Abstract

Most information retrieval models have some set of tunable parameters. It is often the case that the parameters of such models are either set to default values or tuned in a supervised or unsupervised manner. Historically, many retrieval models have been tuned to maximize some underlying retrieval metric, such as mean average precision. However, as the number of parameters increases, the direct maximization techniques become computationally expensive. For this reason, there has been a growing interest in both the information retrieval and machine learning communities to develop parameter estimation techniques that scale well. Since most information retrieval metrics are non-smooth with respect to model parameters, the machine learning techniques have focused on maximizing or minimizing some surrogate function that attempts to mimic or be highly correlated with retrieval metrics. Standard optimization techniques can then easily be applied to the surrogate function in order to estimate approximate parameters.
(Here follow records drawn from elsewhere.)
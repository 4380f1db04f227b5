-- ===== src/Http/Memory/Collected.antt =====
-- src/http/outgoing/Request.cc, src/http/outgoing/Response.cc: what messages in memory have collected, and
-- which calls they refuse.
use rikitiki.Base.{
  List, [], ◌∷◌, ◌++◌, Option, none, some, ◌≡◌, refl, sym, ap, ◌∙◌, Bytes, append-nil, append_assoc,
}
use rikitiki.Http.Header.{Header, HeaderCollection, add}
use rikitiki.Http.RequestMethod.{RequestMethod}
use rikitiki.Http.Incoming.Steps.{add_headers}
use rikitiki.Http.Message.{put_text}
use rikitiki.Http.Outgoing.Output.{all_of}
use rikitiki.Http.Parsing.{headers, body, buffering}
use rikitiki.Http.Memory.{
  OMessage, new_omessage, set_method, RequestMemory, new_request, write_header, write_payload,
  ◌>>=◌,
}

unfoldable pub write_headers : List Header → RequestMemory → Option RequestMemory
unfolding write_header
write_headers [] r = some r
write_headers (h ∷ hs) r = do r' ← write_header h r; write_headers hs r'

unfoldable pub write_payloads : List Bytes → RequestMemory → Option RequestMemory
unfolding write_payload
write_payloads [] r = some r
write_payloads (d ∷ ds) r = do r' ← write_payload d r; write_payloads ds r'

-- The states of OMessage that a message of no declared length goes through.
abbrev in_headers : OMessage
in_headers = record new_omessage { stream_state = headers }

abbrev in_body : OMessage
in_body = record new_omessage { stream_state = body; body_type = buffering }

abbrev after_headers : List Header → OMessage
after_headers [] = new_omessage
after_headers (h ∷ hs) = in_headers

module _ (method : RequestMethod) (uri : Bytes) where
  abbrev request_at : OMessage → HeaderCollection → Bytes → RequestMemory
  request_at o m b = record {
    out = o;
    method = method;
    uri = uri;
    message = record { headers = m; body = b };
  }

  write_headers-in_headers :
      (hs : List Header) (m : HeaderCollection) (b : Bytes)
      → write_headers hs (request_at in_headers m b)
        ≡ some (request_at in_headers (add_headers hs m) b)
  unfolding write_headers
  write_headers-in_headers [] m b = refl
  write_headers-in_headers (h ∷ hs) m b = write_headers-in_headers hs (add h.first h.second m) b

  write_headers-new :
      (hs : List Header)
      → write_headers hs (request_at new_omessage [] [])
        ≡ some (request_at (after_headers hs) (add_headers hs []) [])
  unfolding write_headers
  write_headers-new [] = refl
  write_headers-new (h ∷ hs) = write_headers-in_headers hs (add h.first h.second []) []

  write_payloads-in_body :
      (ds : List Bytes) (m : HeaderCollection) (b : Bytes)
      → write_payloads ds (request_at in_body m b) ≡ some (request_at in_body m (b ++ all_of ds))
  unfolding write_payloads
  write_payloads-in_body [] m b = ap (λ t. some (request_at in_body m t)) (sym (append-nil b))
  write_payloads-in_body (d ∷ ds) m b =
      write_payloads-in_body ds m (b ++ d)
      ∙ ap (λ t. some (request_at in_body m t)) (append_assoc b d (all_of ds))

  write_payloads-first :
      (hs : List Header) (d : Bytes) (ds : List Bytes) (m : HeaderCollection)
      → write_payloads (d ∷ ds) (request_at (after_headers hs) m [])
        ≡ some (request_at in_body m (d ++ all_of ds))
  unfolding write_payloads
  write_payloads-first [] d ds m = write_payloads-in_body ds m d
  write_payloads-first (h ∷ hs) d ds m = write_payloads-in_body ds m d

  -- A new request in memory, given headers and then a payload in at least one piece, throws nothing; it
  -- holds the headers added in order, the pieces one behind the other, and its method and URI. Then
  -- a further header throws, and a further piece is put behind the others.
  pub write_payloads-write_headers :
      (hs : List Header) (d : Bytes) (ds : List Bytes) (h : Header) (more : Bytes)
      → (r : RequestMemory) × ((write_headers hs (set_method method (new_request uri))
            >>= write_payloads (d ∷ ds))
          ≡ some r)
        × (r.message ≡ record { headers = add_headers hs []; body = all_of (d ∷ ds) })
        × (r.method ≡ method)
        × (r.uri ≡ uri)
        × (write_header h r ≡ none)
        × (write_payload more r ≡ some (record r { message = put_text more r.message }))
  unfolding write_header write_payload
  write_payloads-write_headers hs d ds h more = (
    request_at in_body (add_headers hs []) (d ++ all_of ds),
    rw (write_headers-new hs) (write_payloads-first hs d ds (add_headers hs [])),
    refl,
    refl,
    refl,
    refl,
    refl,
  )
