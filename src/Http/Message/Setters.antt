-- ===== src/Http/Message/Setters.antt =====
-- src/http/Message.cc: what is read back after a setter.
use rikitiki.Base.{
  ℕ, ◌^◌, ◌<◌, [], ◌∷◌, some, ◌≡◌, ◌≢◌, refl, ap, ◌∙◌, arith, if◌then◌else◌, Bytes, codes, c_str,
  All, equal, Bool, true, ◌&&◌, ltb, c_str_whole, All-map,
}
use rikitiki.Base.Decimal.{decimal, read_size-decimal, decimal-IsDigits, is_digit}
use rikitiki.Base.StringMap.{StringMap, lookup, insert, lookup-insert}
use rikitiki.Http.ContentType.{ContentType}
use rikitiki.Http.ContentType
use rikitiki.Http.Encoding.{Encoding}
use rikitiki.Http.Parsing.{size_max}
use rikitiki.Http.Header.{Utf, HeaderCollection, set, get_size, get_encoding}
use rikitiki.Http.Incoming.{content_length, transfer_encoding}
use rikitiki.Http.Message.{Message, content_type, set_content_length, set_content_type}

-- What mxcomp documents of its conversions: ASCII text comes back as it was.
pub record IsUtf (utf : Utf) : Type 0 where
  pub ascii : (s : Bytes) → All (λ c. c < 128) s → utf.narrow (utf.widen s) ≡ s

abbrev IsAscii : Bytes → Type 0
IsAscii = All (λ c. (c ≢ 0) × (c < 128))

digits-IsAscii : (s : Bytes) → All (λ c. is_digit c ≡ true) s → IsAscii s
digits-IsAscii s h = All-map (λ c d. (ground (arith, d), ground (arith, d))) s h

is_ascii : Bytes → Bool
is_ascii [] = true
is_ascii (c ∷ cs) = ltb 0 c && ltb c 128 && is_ascii cs

is_ascii-IsAscii : (s : Bytes) → is_ascii s ≡ true → IsAscii s
unfolding is_ascii
is_ascii-IsAscii [] h = tt
is_ascii-IsAscii (c ∷ cs) h =
    let test : (ltb 0 c && ltb c 128 && is_ascii cs) ≡ true = h in
    ((ground (arith, test), ground (arith, test)), is_ascii-IsAscii cs (ground (arith, test)))

is_ascii-to_string : (t : ContentType) → is_ascii (ContentType.to_string t) ≡ true
unfolding ContentType.to_string is_ascii
is_ascii-to_string ContentType.default = refl
is_ascii-to_string _ = refl

name-IsAscii : (t : ContentType) → IsAscii (ContentType.to_string t)
name-IsAscii t = is_ascii-IsAscii (ContentType.to_string t) (is_ascii-to_string t)

length-IsAscii : IsAscii (codes "Content-Length")
unfolding is_ascii
length-IsAscii = is_ascii-IsAscii (codes "Content-Length") refl

type-IsAscii : IsAscii (codes "Content-Type")
unfolding is_ascii
type-IsAscii = is_ascii-IsAscii (codes "Content-Type") refl

-- The getters look at one header.
module _ (a b : HeaderCollection) where
  get_size-lookup :
      (name : Bytes) (def : ℕ)
      → lookup name a ≡ lookup name b
      → get_size name def a ≡ get_size name def b
  unfolding get_size
  get_size-lookup name def h = rw (h, get_size) refl

  get_encoding-lookup :
      (name : Bytes) (def : Encoding)
      → lookup name a ≡ lookup name b
      → get_encoding name def a ≡ get_encoding name def b
  unfolding get_encoding
  get_encoding-lookup name def h = rw (h, get_encoding) refl

content_type-lookup :
    (m m' : Message) (types : StringMap ContentType)
    → lookup (codes "contenttype") m.headers ≡ lookup (codes "contenttype") m'.headers
    → content_type m types ≡ content_type m' types
unfolding content_type
content_type-lookup m m' types h = rw (h, content_type) refl

module _ (utf : Utf) (is_utf : IsUtf utf) where
  keeps : (s : Bytes) → IsAscii s → utf.narrow (utf.widen (c_str s)) ≡ s
  keeps s h =
      ap (λ t. utf.narrow (utf.widen t)) (c_str_whole s (All-map (λ c p. p.0) s h))
      ∙ is_utf.ascii s (All-map (λ c p. p.1) s h)

  set_ascii :
      (name value : Bytes) (m : HeaderCollection)
      → IsAscii name
      → IsAscii value
      → set utf name value m ≡ insert name value m
  unfolding set
  set_ascii name value m h k = rw (keeps name h, keeps value k) refl

  set_content_length-headers :
      (n : ℕ) (m : Message)
      → (set_content_length utf n m).headers ≡ insert (codes "Content-Length") (decimal n) m.headers
  unfolding set_content_length
  set_content_length-headers n m =
      set_ascii (codes "Content-Length") (decimal n) m.headers length-IsAscii
        (digits-IsAscii (decimal n) (decimal-IsDigits n))

  set_content_type-headers :
      (t : ContentType) (m : Message)
      → (set_content_type utf t m).headers
        ≡ insert (codes "Content-Type") (ContentType.to_string t) m.headers
  unfolding set_content_type
  set_content_type-headers t m =
      set_ascii (codes "Content-Type") (ContentType.to_string t) m.headers type-IsAscii
        (name-IsAscii t)

  lookup-set_content_length :
      (n : ℕ) (m : Message) (j : Bytes)
      → lookup j (set_content_length utf n m).headers
        ≡ (if equal j (codes "Content-Length") then some (decimal n) else lookup j m.headers)
  lookup-set_content_length n m j =
      rw (set_content_length-headers n m)
        (lookup-insert j (codes "Content-Length") (decimal n) m.headers)

  lookup-set_content_type :
      (t : ContentType) (m : Message) (j : Bytes)
      → lookup j (set_content_type utf t m).headers ≡ (
          if equal j (codes "Content-Type")
          then some (ContentType.to_string t)
          else lookup j m.headers)
  lookup-set_content_type t m j =
      rw (set_content_type-headers t m)
        (lookup-insert j (codes "Content-Type") (ContentType.to_string t) m.headers)

  content_length_set :
      (n : ℕ) (m : Message) → n < 2 ^ 64 → content_length (set_content_length utf n m).headers ≡ n
  unfolding get_size equal
  content_length_set n m h =
      rw (lookup-set_content_length n m (codes "Content-Length"), get_size)
        (read_size-decimal size_max n h)

  -- A length below 2 ^ 64 that is set is the one read back, and setting it changes neither the
  -- transfer encoding nor the body; setting a content type leaves the length, the transfer encoding
  -- and the body as they are, and also the content type that the message tells, since that is read
  -- from a header of another name; where the conversions between UTF-8 and wide text keep ASCII.
  pub content_length-set_content_length :
      (n : ℕ) (t : ContentType) (m : Message) (types : StringMap ContentType)
      → n < 2 ^ 64
      → let m' : Message = set_content_length utf n m in
        let m'' : Message = set_content_type utf t m in
        (content_length m'.headers ≡ n)
        × (transfer_encoding m'.headers ≡ transfer_encoding m.headers)
        × (m'.body ≡ m.body)
        × (content_length m''.headers ≡ content_length m.headers)
        × (transfer_encoding m''.headers ≡ transfer_encoding m.headers)
        × (m''.body ≡ m.body)
        × (content_type m'' types ≡ content_type m types)
  unfolding set_content_length set_content_type equal
  content_length-set_content_length n t m types h =
      let m' : Message = set_content_length utf n m in
      let m'' : Message = set_content_type utf t m in
      (
        content_length_set n m h,
        get_encoding-lookup m'.headers m.headers (codes "Transfer-Encoding") Encoding.unknown
            (lookup-set_content_length n m (codes "Transfer-Encoding")),
        refl,
        get_size-lookup m''.headers m.headers (codes "Content-Length") size_max
            (lookup-set_content_type t m (codes "Content-Length")),
        get_encoding-lookup m''.headers m.headers (codes "Transfer-Encoding") Encoding.unknown
            (lookup-set_content_type t m (codes "Transfer-Encoding")),
        refl,
        content_type-lookup m'' m types (lookup-set_content_type t m (codes "contenttype")),
      )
There have been, however, few studies from an information retrieval perspective into how well such surrogate functions compare to the direct search approach. Recent work has investigated how the effectiveness of using BM25F parameters estimated by minimizing the RankNet cost function correlates with the effectiveness of an approach that directly maximizes NDCG [2]. The results showed that RankNet acts as a good surrogate and produces reasonable effectiveness when compared to a more computationally expensive direct search technique. Following up on this work, we wish to explore how to use the RankNet cost function to optimize language modeling smoothing parameters. In addition, we explore how well the parameters learned using RankNet compare to those found by a direct search technique for various metrics that rely on binary relevance judgments, such as mean average precision, binary preference, and precision at 10.